### ASSIGNMENT
In the entries below, find the line with "-- ===== src/Receiver/Release.antt" and the line with "-- The stream". Print those two and everything between them exactly, and nothing else.

### DATA SHOWN
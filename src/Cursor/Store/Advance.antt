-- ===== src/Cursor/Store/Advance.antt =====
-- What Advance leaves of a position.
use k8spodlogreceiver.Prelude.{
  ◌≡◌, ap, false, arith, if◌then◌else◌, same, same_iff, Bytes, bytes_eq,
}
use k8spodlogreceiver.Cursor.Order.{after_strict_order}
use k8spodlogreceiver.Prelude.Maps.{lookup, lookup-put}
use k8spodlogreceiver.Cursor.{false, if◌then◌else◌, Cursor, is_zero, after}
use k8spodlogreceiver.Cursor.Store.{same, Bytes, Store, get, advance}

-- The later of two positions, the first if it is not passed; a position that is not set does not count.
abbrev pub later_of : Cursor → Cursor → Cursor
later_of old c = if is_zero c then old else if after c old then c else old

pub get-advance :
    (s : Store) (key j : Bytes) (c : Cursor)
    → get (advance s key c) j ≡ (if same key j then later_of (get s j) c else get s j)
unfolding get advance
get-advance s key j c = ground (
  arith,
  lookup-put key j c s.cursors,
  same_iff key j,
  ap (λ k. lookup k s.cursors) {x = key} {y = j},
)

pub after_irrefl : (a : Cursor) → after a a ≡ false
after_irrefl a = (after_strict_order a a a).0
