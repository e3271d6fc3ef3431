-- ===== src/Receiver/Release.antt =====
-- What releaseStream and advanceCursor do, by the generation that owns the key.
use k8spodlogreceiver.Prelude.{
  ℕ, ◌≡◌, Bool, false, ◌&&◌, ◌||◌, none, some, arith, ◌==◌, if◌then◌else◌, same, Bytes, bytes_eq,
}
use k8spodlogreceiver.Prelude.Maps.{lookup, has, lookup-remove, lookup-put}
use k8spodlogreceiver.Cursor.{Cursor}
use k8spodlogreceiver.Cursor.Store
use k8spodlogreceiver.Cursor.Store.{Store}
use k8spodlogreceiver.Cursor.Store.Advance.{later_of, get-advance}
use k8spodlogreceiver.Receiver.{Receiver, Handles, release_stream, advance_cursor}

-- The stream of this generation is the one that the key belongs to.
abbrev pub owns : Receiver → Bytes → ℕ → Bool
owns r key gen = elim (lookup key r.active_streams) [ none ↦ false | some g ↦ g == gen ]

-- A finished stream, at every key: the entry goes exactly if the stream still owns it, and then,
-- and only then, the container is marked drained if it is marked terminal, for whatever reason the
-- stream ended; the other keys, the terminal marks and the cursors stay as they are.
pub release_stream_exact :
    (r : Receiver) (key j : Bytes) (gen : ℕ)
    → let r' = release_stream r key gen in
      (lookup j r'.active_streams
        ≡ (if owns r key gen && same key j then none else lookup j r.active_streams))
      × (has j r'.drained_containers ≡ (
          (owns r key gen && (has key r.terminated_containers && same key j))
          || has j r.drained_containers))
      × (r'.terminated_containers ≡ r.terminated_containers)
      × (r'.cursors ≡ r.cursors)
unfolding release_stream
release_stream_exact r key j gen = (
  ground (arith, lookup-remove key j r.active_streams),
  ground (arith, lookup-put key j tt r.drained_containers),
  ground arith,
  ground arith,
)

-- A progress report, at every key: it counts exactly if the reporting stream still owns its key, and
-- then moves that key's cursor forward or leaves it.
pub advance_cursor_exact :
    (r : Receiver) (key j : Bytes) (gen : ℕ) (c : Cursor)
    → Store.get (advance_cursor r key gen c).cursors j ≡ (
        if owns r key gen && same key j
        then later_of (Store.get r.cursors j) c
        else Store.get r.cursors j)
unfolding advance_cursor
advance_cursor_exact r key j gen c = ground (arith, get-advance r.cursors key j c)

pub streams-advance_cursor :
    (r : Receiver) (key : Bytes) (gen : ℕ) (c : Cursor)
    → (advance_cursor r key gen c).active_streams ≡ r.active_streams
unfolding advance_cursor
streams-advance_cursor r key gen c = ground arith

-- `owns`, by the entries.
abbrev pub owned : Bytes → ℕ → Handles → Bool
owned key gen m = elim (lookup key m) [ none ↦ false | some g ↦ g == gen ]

### ANSWER SPACE
-- ===== src/Receiver/Release.antt =====
-- What releaseStream and advanceCursor do, by the generation that owns the key.
use k8spodlogreceiver.Prelude.{
  ℕ, ◌≡◌, Bool, false, ◌&&◌, ◌||◌, none, some, arith, ◌==◌, if◌then◌else◌, same, Bytes, bytes_eq,
}
use k8spodlogreceiver.Prelude.Maps.{lookup, has, lookup-remove, lookup-put}
use k8spodlogreceiver.Cursor.{Cursor}
use k8spodlogreceiver.Cursor.Store
use k8spodlogreceiver.Cursor.Store.{Store}
use k8spodlogreceiver.Cursor.Store.Advance.{later_of, get-advance}
use k8spodlogreceiver.Receiver.{Receiver, Handles, release_stream, advance_cursor}

-- The stream of this generation is the one that the key belongs to.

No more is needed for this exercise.